If you are moving to WSO2 Identity Server 6.1.0 from a previous version, note that several capabilities that existed previously are now improved in WSO2 IS 6.1.0.

Learn more about upgrading to WSO2 IS 6.1.0 for details.

Beta features

  • React-based console application

    Includes developer and administrator views to manage and maintain the features offered by WSO2 Identity Server. This is an ongoing effort to improve the user experience with the product.

    To try out the React-based console, start WSO2 Identity Server, and access the following URL: https://localhost:9443/console.

  • Tenant-qualified URLs

    Provides the option of switching to tenant-qualified endpoints, which consistently qualifies every URL/endpoint of WSO2 Identity Server with the tenant in a path parameter. This improves flexibility for tenant-wise sharding and branding compared to previous releases.

  • Managing CORS configurations tenant-wise

    The CORS configurations can be made at the application level and enforced at the tenant level.

Removed features

The following features are removed from WSO2 IS 6.0.0 onwards.

  • H2 Console
  • Embedded LDAP user store
  • Carbon metrics
  • Yahoo authenticator
  • reCAPTCHA v2 "I'm not a robot" checkbox

Deprecated features

The following capabilities are deprecated from WSO2 IS 6.0.0 onwards, which means they will be removed in a future release.

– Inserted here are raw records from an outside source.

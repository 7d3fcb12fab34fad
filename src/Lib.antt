-- ===== src/Lib.antt =====
-- Analysis of the logs of an SSH honeypot.
--
-- The honeypot writes JSON-lines logs (auth.log, session.log, server.log); the Python scripts under
-- analysis/ read them. The scripts share the loader and the tests for injected echo chunks, and
-- some form a chain: fingerprint.py makes command shapes and unique_patterns.json, cluster.py puts
-- the patterns under rules, classify.py takes the shapes of the one, the rules of the other and a
-- mapping to assign families to source addresses.
--
-- Base has texts as lists of code points (Text), Python's dictionaries as association lists in
-- the order of insertion (Dict), distinct elements (Distinct) and the stable sort (Sort). Regex is a
-- backtracking matcher of `re` in which each pattern of the scripts is written as a tree.
-- Log has the records and the loaders, Patterns the expressions that several scripts use.
-- Seqgroup is analysis/seqgroup.py: `Session` and its methods, Ingest `ingest`, Groups `cluster`,
-- Output `write_output`, Main the options and the outcome.
-- Cluster is analysis/cluster.py: RULES; Report the tables of `main`; TieBreaks TIE_BREAKS.
-- Fingerprint is analysis/fingerprint.py: Shape `_shape_and_raw`, Groups the grouping in `main`.
-- Classify is analysis/classify.py: the mapping and `_classify`, Aggregate the loops of `main`, Output its
-- file, which gen_stix_bundle.py reads.
-- Replay is analysis/replay.py: the tests that fingerprint.py imports, Events the collection of `main`,
-- Screen `render_session` and Output its text, Options and Main the rest of `main`.
-- Extract is `parse_hex` of analysis/extract_binary.py and analysis/extract_all_binaries.py, One and
-- All their loops, Save the files they write. Passwords is analysis/passwords.py, Timeline analysis/timeline.py.
-- Periods is analysis/periods.py: the periods and their events, Metrics `compute_stats`, Output the
-- rendering.
-- Stats is analysis/stats.py: the counting loops, Sprays the sliding window over a credential,
-- Output the report.
-- Sessions is analysis/sessions.py: events by session, and the head of a session. Its Output is the Markdown.
-- Cluster.Output, Fingerprint.Summary, Passwords.Output and Timeline.Output are the printed texts of those scripts.
-- GenStats is analysis/gen_stats.py: the counting loops, Families `count_families`, Output the file.
-- Report is analysis/report.py: phases, labels, sentences, chains; Header, Sources, Alerts and Listing the
-- renderers and `main`. QuickReport is analysis/quick-report.py.
-- Stix is analysis/gen_stix_bundle.py: the tables, Ids the identifiers, Objects the objects, Attackers,
-- Payloads, Servers and Notes the sections of `build_bundle`, as lists of the steps `objects.append(o)` and
-- `counts[key] += n` in their order, Bundle the whole, which carries them out. A missing key is the
-- `key_error` of Base.Results. The constructors of stix2 are taken to accept their arguments.
-- The other modules under each of these have the proofs, Tests runs and instances.
--
-- The loops are structural recursions. Some have an index that jumps and run on fuel: `walk` of
-- Fingerprint.Shape on the number of events and `decode` of Extract on the length of the text,
-- which is enough since each round takes an event or a character at least; so does `walk` of
-- Replay.Screen on the number of entries.
--
-- Arguments of the definitions: the Unicode predicates (`Unicode`), `json.loads`, `json.dumps`,
-- the hashes of hashlib, `int(_, 16)`, the parsers of timestamps, and (`Library`)
-- `uuid.uuid5`, the text of a UUID and the ids that stix2 gives to files, and (`Host`) `%.1f`
-- and (`Clock`)
-- the datetime functions and decimals of the scripts that print them, `repr`, and the first of a set. Not modelled: how the
-- two extractors lay out their lines, the summaries that gen_stats.py and classify.py print, the command lines but for
-- replay.py's, and the honeypot
-- itself, which is written in Go.
pub mod Base
pub mod Regex
pub mod Log
pub mod Patterns
pub mod Seqgroup
pub mod Cluster
pub mod QuickReport
pub mod Replay
pub mod Fingerprint
pub mod Classify
pub mod Extract
pub mod Passwords
pub mod Periods
pub mod Stats
pub mod GenStats
pub mod Report
pub mod Timeline
pub mod Sessions
pub mod Stix
mod Tests
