-- ===== src/Base/Dict.antt =====
-- Python's `dict`, `defaultdict` and `Counter`: association lists in order of insertion.
use Prim.Native.Nat.{ℕ, ◌+◌}
use native.Mathlib.Omega.{arith}
use mathlib.Core.Path.{◌≡◌, refl}
use mathlib.Core.Logic.{inl, inr}
use mathlib.Core.Option
use mathlib.Core.Option.{Option, none, some}
use mathlib.Core.List.{List, [], ◌∷◌, map}
use ssh_honeypot.Base.Tests.{if◌then◌else◌, Bool-cases}
use ssh_honeypot.Base.Equality.{Eq, ◌==◌, ==_iff}
use ssh_honeypot.Base.Lists.{sum_by, All}

abbrev pub Dict {ℓ κ} : Type ℓ → Type κ → Type (ℓ ⊔ κ)
Dict K V = List (K × V)

abbrev pub keys {ℓ κ} : {K : Type ℓ} {V : Type κ} → Dict K V → List K
keys = map (λ e. e.0)

abbrev pub values {ℓ κ} : {K : Type ℓ} {V : Type κ} → Dict K V → List V
values = map (λ e. e.1)

-- What a measure of the old value of a key is, 0 where there is none.
abbrev pub measure_of {κ} : {V : Type κ} → (V → ℕ) → Option V → ℕ
measure_of m none = 0
measure_of m (some v) = m v

-- The new count of a key that is counted once more.
abbrev pub bump : Option ℕ → ℕ
bump none = 1
bump (some n) = n + 1

module _ {ℓ κ} {K : Type ℓ} {V : Type κ} ⦃e : Eq K⦄ where
  -- `d.get(k)`
  unfoldable pub get : K → Dict K V → Option V
  get k [] = none
  get k ((j, v) ∷ d) = if k == j then some v else get k d

  -- `d[k] = f(d.get(k))`: a new key goes to the end.
  unfoldable pub upsert : K → (Option V → V) → Dict K V → Dict K V
  upsert k f [] = (k, f none) ∷ []
  upsert k f ((j, v) ∷ d) =
      let rest = upsert k f d in if k == j then (j, f (some v)) ∷ d else (j, v) ∷ rest

  -- `d[k] = v`
  abbrev pub put : K → V → Dict K V → Dict K V
  put k v = upsert k (λ _. v)

  -- `del d[k]`
  unfoldable pub remove : K → Dict K V → Dict K V
  remove k [] = []
  remove k ((j, v) ∷ d) = let rest = remove k d in if k == j then d else (j, v) ∷ rest

  pub get-upsert :
      (j k : K) (f : Option V → V) (d : Dict K V)
      → get j (upsert k f d) ≡ (if j == k then some (f (get k d)) else get j d)
  unfolding get upsert
  get-upsert j k f [] = refl
  get-upsert j k f ((i, v) ∷ d) = ground (arith, get-upsert j k f d)

  -- An update changes the sum of a measure over the values by that of the one value.
  pub sum_by-upsert :
      (m : V → ℕ) (k : K) (f : Option V → V) (d : Dict K V)
      → sum_by (λ (e : K × V). m e.1) (upsert k f d) + measure_of m (get k d)
        ≡ sum_by (λ (e : K × V). m e.1) d + m (f (get k d))
  unfolding get upsert
  sum_by-upsert m k f [] = omega arith
  sum_by-upsert m k f ((j, v) ∷ d) = elim (Bool-cases (k == j)) [
    | inl h ↦ rw (h, get, upsert) (omega arith)
    | inr h ↦ rw (h, get, upsert) (omega (arith, sum_by-upsert m k f d))
  ]

  -- To write the value that a key has changes nothing.
  pub put-get : (k : K) (v : V) (d : Dict K V) → get k d ≡ some v → put k v d ≡ d
  unfolding get upsert
  put-get k v [] h = cc
  put-get k v ((j, w) ∷ d) h = ground (arith, put-get k v d)

  pub get-map :
      (f : V → V) (k : K) (d : Dict K V)
      → get k (map (λ (j, v). (j, f v)) d) ≡ Option.map f (get k d)
  unfolding get
  get-map f k [] = refl
  get-map f k ((j, v) ∷ d) = ground (arith, get-map f k d)

  -- A predicate of all values.
  abbrev pub AllValues {ι} : (V → Type ι) → Dict K V → Type ι
  AllValues P [] = Unit
  AllValues P ((_, v) ∷ d) = P v × AllValues P d

  pub AllValues-upsert {ι} :
      (P : V → Type ι) (k : K) (f : Option V → V) (d : Dict K V)
      → P (f none)
      → ((v : V) → P v → P (f (some v)))
      → AllValues P d
      → AllValues P (upsert k f d)
  unfolding upsert
  AllValues-upsert P k f [] new old h = (new, tt)
  AllValues-upsert P k f ((j, v) ∷ d) new old (hv, hd) = elim (Bool-cases (k == j)) [
    | inl h ↦ rw h (old v hv, hd)
    | inr h ↦ rw h (hv, AllValues-upsert P k f d new old hd)
  ]

  pub All-AllValues {ι} :
      (P : V → Type ι) (d : Dict K V) → AllValues P d → All (λ (e : K × V). P e.1) d
  All-AllValues P [] h = tt
  All-AllValues P ((k, v) ∷ d) (hv, h) = (hv, All-AllValues P d h)

-- `Counter`
module _ {ℓ} {K : Type ℓ} ⦃e : Eq K⦄ where
  -- `counter[k] += 1`
  abbrev pub incr : K → Dict K ℕ → Dict K ℕ
  incr k = upsert k bump

  -- `counter[k]`, which is 0 for a key that is not there.
  abbrev pub count_of : K → Dict K ℕ → ℕ
  count_of k d = measure_of (λ (n : ℕ). n) (get k d)

  -- `sum(counter.values())`
  abbrev pub total : Dict K ℕ → ℕ
  total = sum_by (λ (e : K × ℕ). e.1)

  pub count_of-incr :
      (j k : K) (d : Dict K ℕ) → count_of j (incr k d) ≡ count_of j d + (if j == k then 1 else 0)
  count_of-incr j k d = elim (Bool-cases (j == k)) [
    | inl h ↦ ground (arith, get-upsert j k bump d, ==_iff j k)
    | inr h ↦ ground (arith, get-upsert j k bump d, ==_iff j k)
  ]

  pub total-incr : (k : K) (d : Dict K ℕ) → total (incr k d) ≡ total d + 1
  total-incr k d = ground (arith, sum_by-upsert (λ (n : ℕ). n) k bump d)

  • SCIM 1 inbound provisioning

    Recommendation: Use SCIM 2.0 inbound provisioning

  • SCIM 1 outbound provisioning

    Recommendation: Use SCIM 2.0 outbound provisioning


    Recommendation: Use REST-based APIs

  • Legacy DCR endpoint implementation (/identity/register)

    Recommendation: Use /identity/oauth2/dcr/v1.1

The following capabilities are deprecated from WSO2 IS 6.1.0 onwards, which means they will be removed in a future release.

  • On-prem WSO2 Identity Server Analytics solution (based on WSO2 Streaming Processor)

    Recommendation: ELK-based analytics

Retired features

User-managed access (UMA) will no longer be available out-of-the-box from WSO2 IS 6.1.0 onwards. It will be available as a connector on demand. Learn more.


The Workflow engine available out-of-the-box in WSO2 Identity Server will be made available as a connector in the next release. This connector will be available on demand.

Fixed issues

See the complete list of issues fixed in the latest WSO2 IS 6.1.0 release:

Known issues

For a complete list of open issues related to the WSO2 Identity Server runtime, see WSO2 IS Runtime - Open Issues.